--- Source records Enclosed Below ---

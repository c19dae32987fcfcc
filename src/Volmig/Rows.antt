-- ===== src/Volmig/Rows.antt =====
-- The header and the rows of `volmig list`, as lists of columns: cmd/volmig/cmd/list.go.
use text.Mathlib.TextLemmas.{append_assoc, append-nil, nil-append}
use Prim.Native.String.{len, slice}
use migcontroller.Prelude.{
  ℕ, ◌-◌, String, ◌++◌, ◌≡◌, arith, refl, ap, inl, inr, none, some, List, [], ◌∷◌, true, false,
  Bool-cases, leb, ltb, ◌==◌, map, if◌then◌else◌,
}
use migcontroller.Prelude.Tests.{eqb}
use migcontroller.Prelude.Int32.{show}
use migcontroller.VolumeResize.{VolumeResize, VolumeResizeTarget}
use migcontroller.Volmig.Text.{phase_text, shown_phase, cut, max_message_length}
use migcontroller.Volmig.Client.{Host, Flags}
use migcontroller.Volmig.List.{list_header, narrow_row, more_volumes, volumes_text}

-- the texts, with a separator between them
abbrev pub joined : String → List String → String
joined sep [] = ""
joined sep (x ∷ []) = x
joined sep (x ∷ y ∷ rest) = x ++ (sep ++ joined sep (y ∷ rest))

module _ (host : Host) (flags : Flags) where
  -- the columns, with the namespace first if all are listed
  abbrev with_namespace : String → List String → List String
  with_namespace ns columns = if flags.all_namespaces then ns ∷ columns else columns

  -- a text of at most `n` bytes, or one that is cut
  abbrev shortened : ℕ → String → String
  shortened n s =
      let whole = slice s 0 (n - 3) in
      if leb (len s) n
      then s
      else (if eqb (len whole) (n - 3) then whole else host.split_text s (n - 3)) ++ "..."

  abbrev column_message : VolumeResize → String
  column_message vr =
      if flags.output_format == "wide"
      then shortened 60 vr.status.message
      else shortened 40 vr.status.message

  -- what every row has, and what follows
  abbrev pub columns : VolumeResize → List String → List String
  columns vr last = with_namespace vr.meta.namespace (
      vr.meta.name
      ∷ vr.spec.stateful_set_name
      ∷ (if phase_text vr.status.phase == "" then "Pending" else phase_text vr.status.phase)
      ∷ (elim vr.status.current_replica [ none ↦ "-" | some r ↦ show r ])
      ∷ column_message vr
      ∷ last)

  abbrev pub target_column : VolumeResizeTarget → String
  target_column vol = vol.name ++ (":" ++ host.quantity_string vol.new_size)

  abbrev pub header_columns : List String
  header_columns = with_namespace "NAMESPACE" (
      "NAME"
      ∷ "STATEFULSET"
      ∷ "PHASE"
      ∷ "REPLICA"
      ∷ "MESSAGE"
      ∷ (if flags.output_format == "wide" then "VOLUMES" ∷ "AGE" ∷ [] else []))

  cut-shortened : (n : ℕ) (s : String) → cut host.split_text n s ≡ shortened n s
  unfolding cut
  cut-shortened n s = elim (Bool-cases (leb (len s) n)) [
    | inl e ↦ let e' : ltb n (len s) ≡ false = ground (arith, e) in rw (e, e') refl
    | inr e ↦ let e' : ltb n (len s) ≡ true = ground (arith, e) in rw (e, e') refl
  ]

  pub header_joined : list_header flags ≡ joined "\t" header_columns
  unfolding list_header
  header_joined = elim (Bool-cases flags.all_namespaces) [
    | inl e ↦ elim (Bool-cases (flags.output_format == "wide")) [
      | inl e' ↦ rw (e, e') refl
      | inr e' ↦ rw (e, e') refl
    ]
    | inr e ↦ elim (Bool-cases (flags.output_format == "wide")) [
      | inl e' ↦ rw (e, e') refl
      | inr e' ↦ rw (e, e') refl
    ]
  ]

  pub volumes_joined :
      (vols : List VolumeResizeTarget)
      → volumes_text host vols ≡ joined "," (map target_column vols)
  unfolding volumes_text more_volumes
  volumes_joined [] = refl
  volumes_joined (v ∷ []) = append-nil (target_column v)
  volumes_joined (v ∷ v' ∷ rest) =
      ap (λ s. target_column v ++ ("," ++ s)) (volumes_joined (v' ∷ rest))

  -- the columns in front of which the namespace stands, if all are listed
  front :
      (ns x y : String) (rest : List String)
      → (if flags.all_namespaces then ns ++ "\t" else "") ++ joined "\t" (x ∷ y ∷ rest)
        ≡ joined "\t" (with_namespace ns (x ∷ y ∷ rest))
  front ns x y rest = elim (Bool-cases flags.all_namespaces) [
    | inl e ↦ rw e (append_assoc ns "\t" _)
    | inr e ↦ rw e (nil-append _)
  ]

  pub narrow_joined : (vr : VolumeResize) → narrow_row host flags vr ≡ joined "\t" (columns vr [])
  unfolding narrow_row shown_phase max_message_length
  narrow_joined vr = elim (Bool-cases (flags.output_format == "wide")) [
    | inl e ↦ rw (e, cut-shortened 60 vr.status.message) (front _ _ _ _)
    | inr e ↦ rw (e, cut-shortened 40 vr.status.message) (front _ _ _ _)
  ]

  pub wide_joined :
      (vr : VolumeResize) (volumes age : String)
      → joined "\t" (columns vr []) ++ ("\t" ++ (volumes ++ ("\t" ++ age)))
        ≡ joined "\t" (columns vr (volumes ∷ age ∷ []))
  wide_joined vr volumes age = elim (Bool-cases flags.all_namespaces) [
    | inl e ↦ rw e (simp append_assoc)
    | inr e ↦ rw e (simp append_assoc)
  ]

--- End of Enclosed Source records ---
--- Source records Enclosed Below ---

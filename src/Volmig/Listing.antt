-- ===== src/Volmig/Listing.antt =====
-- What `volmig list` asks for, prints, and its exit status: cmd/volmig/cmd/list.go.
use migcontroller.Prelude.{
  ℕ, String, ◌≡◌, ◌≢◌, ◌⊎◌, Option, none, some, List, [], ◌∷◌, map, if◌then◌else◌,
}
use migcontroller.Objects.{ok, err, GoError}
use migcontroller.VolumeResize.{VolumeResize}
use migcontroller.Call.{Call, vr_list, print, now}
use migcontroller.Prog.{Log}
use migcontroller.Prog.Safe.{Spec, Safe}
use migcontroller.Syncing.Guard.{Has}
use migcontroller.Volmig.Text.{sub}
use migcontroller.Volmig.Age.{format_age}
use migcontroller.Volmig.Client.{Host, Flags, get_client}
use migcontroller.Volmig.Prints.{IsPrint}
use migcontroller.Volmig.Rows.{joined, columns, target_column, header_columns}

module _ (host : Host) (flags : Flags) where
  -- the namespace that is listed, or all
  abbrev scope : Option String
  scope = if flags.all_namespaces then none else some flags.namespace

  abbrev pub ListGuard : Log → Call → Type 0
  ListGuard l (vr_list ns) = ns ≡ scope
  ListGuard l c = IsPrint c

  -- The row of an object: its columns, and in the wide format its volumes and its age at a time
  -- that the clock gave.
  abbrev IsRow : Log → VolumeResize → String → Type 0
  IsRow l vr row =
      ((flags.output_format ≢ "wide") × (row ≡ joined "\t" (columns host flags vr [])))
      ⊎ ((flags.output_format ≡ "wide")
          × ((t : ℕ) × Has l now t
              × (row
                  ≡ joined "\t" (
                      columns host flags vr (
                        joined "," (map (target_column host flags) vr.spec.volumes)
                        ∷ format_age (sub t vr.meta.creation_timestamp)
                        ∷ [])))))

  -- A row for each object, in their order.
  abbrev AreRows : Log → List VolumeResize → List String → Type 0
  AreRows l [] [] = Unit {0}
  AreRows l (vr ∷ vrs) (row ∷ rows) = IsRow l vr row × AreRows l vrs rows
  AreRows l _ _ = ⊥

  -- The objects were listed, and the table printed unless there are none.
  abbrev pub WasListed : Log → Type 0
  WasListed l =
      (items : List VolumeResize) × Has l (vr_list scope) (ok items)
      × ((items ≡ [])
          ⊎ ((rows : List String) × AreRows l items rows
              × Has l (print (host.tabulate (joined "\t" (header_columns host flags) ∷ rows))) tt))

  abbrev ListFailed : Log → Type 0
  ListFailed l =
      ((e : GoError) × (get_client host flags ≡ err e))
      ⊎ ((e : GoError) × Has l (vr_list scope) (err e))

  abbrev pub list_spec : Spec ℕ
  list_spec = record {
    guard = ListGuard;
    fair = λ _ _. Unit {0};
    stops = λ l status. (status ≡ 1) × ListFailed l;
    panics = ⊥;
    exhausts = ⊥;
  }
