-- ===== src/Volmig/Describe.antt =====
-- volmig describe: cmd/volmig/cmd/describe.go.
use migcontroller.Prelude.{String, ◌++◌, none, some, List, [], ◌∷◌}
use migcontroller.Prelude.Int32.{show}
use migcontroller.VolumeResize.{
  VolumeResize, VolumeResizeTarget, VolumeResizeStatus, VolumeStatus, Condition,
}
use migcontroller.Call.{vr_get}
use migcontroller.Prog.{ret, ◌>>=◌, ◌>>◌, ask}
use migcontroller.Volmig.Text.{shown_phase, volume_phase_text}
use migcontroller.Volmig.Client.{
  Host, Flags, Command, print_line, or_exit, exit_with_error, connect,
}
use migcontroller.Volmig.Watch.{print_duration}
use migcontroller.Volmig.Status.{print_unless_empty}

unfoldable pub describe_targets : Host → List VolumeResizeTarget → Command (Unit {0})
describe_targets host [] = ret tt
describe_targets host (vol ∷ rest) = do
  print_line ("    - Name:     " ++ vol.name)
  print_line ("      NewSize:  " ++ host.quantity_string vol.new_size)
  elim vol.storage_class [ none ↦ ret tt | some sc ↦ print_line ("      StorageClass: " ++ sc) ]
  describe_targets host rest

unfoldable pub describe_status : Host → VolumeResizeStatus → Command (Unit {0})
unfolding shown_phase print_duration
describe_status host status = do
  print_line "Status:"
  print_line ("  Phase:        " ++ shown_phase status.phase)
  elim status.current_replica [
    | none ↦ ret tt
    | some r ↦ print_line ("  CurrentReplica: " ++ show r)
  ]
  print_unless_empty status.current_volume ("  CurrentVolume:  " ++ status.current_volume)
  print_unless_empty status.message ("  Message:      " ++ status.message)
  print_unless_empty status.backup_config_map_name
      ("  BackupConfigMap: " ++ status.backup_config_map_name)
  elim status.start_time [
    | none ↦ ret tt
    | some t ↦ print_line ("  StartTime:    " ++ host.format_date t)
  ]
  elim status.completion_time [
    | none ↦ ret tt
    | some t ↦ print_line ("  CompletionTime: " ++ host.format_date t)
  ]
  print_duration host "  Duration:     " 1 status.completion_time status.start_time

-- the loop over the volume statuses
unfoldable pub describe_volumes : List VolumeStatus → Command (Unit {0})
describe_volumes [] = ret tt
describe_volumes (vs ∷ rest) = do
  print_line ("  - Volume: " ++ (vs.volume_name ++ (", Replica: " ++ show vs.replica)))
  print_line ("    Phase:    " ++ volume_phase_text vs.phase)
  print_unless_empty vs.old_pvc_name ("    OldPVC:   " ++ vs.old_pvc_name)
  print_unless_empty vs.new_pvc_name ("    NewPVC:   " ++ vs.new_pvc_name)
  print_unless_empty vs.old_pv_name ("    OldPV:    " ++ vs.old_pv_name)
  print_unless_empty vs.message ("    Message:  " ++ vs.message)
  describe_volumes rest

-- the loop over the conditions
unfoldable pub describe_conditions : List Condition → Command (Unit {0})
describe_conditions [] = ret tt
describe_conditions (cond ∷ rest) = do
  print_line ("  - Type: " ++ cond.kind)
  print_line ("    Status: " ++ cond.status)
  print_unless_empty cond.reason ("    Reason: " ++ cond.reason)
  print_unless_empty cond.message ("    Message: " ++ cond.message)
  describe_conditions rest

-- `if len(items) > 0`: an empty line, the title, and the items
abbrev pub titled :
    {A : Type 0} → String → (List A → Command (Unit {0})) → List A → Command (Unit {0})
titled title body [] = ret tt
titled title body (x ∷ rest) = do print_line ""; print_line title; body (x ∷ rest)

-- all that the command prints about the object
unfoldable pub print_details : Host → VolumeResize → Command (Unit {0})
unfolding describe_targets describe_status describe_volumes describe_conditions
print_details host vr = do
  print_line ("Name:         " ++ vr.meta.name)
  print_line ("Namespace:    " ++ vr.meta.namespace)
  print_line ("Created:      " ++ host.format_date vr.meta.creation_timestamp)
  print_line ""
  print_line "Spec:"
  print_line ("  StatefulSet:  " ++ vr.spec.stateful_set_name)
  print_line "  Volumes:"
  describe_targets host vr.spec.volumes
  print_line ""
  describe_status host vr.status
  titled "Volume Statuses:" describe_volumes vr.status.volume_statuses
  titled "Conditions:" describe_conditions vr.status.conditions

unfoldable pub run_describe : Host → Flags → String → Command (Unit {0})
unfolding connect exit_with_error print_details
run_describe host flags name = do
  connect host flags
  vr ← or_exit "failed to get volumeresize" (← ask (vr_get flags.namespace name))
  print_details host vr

--- End of Enclosed Source records ---

**Your instructions:**
Beginning with the line above that contains "repository c19dae32987fcfcc", copy each line exactly up to and including the line that contains "joined sep (x ∷ []) = x", and go no further.

**Problem solution:**
repository c19dae32987fcfcc
filename src/Volmig/Rows.antt
-- ===== src/Volmig/Rows.antt =====
-- The header and the rows of `volmig list`, as lists of columns: cmd/volmig/cmd/list.go.
use text.Mathlib.TextLemmas.{append_assoc, append-nil, nil-append}
use Prim.Native.String.{len, slice}
use migcontroller.Prelude.{
  ℕ, ◌-◌, String, ◌++◌, ◌≡◌, arith, refl, ap, inl, inr, none, some, List, [], ◌∷◌, true, false,
  Bool-cases, leb, ltb, ◌==◌, map, if◌then◌else◌,
}
use migcontroller.Prelude.Tests.{eqb}
use migcontroller.Prelude.Int32.{show}
use migcontroller.VolumeResize.{VolumeResize, VolumeResizeTarget}
use migcontroller.Volmig.Text.{phase_text, shown_phase, cut, max_message_length}
use migcontroller.Volmig.Client.{Host, Flags}
use migcontroller.Volmig.List.{list_header, narrow_row, more_volumes, volumes_text}

-- the texts, with a separator between them
abbrev pub joined : String → List String → String
joined sep [] = ""
joined sep (x ∷ []) = x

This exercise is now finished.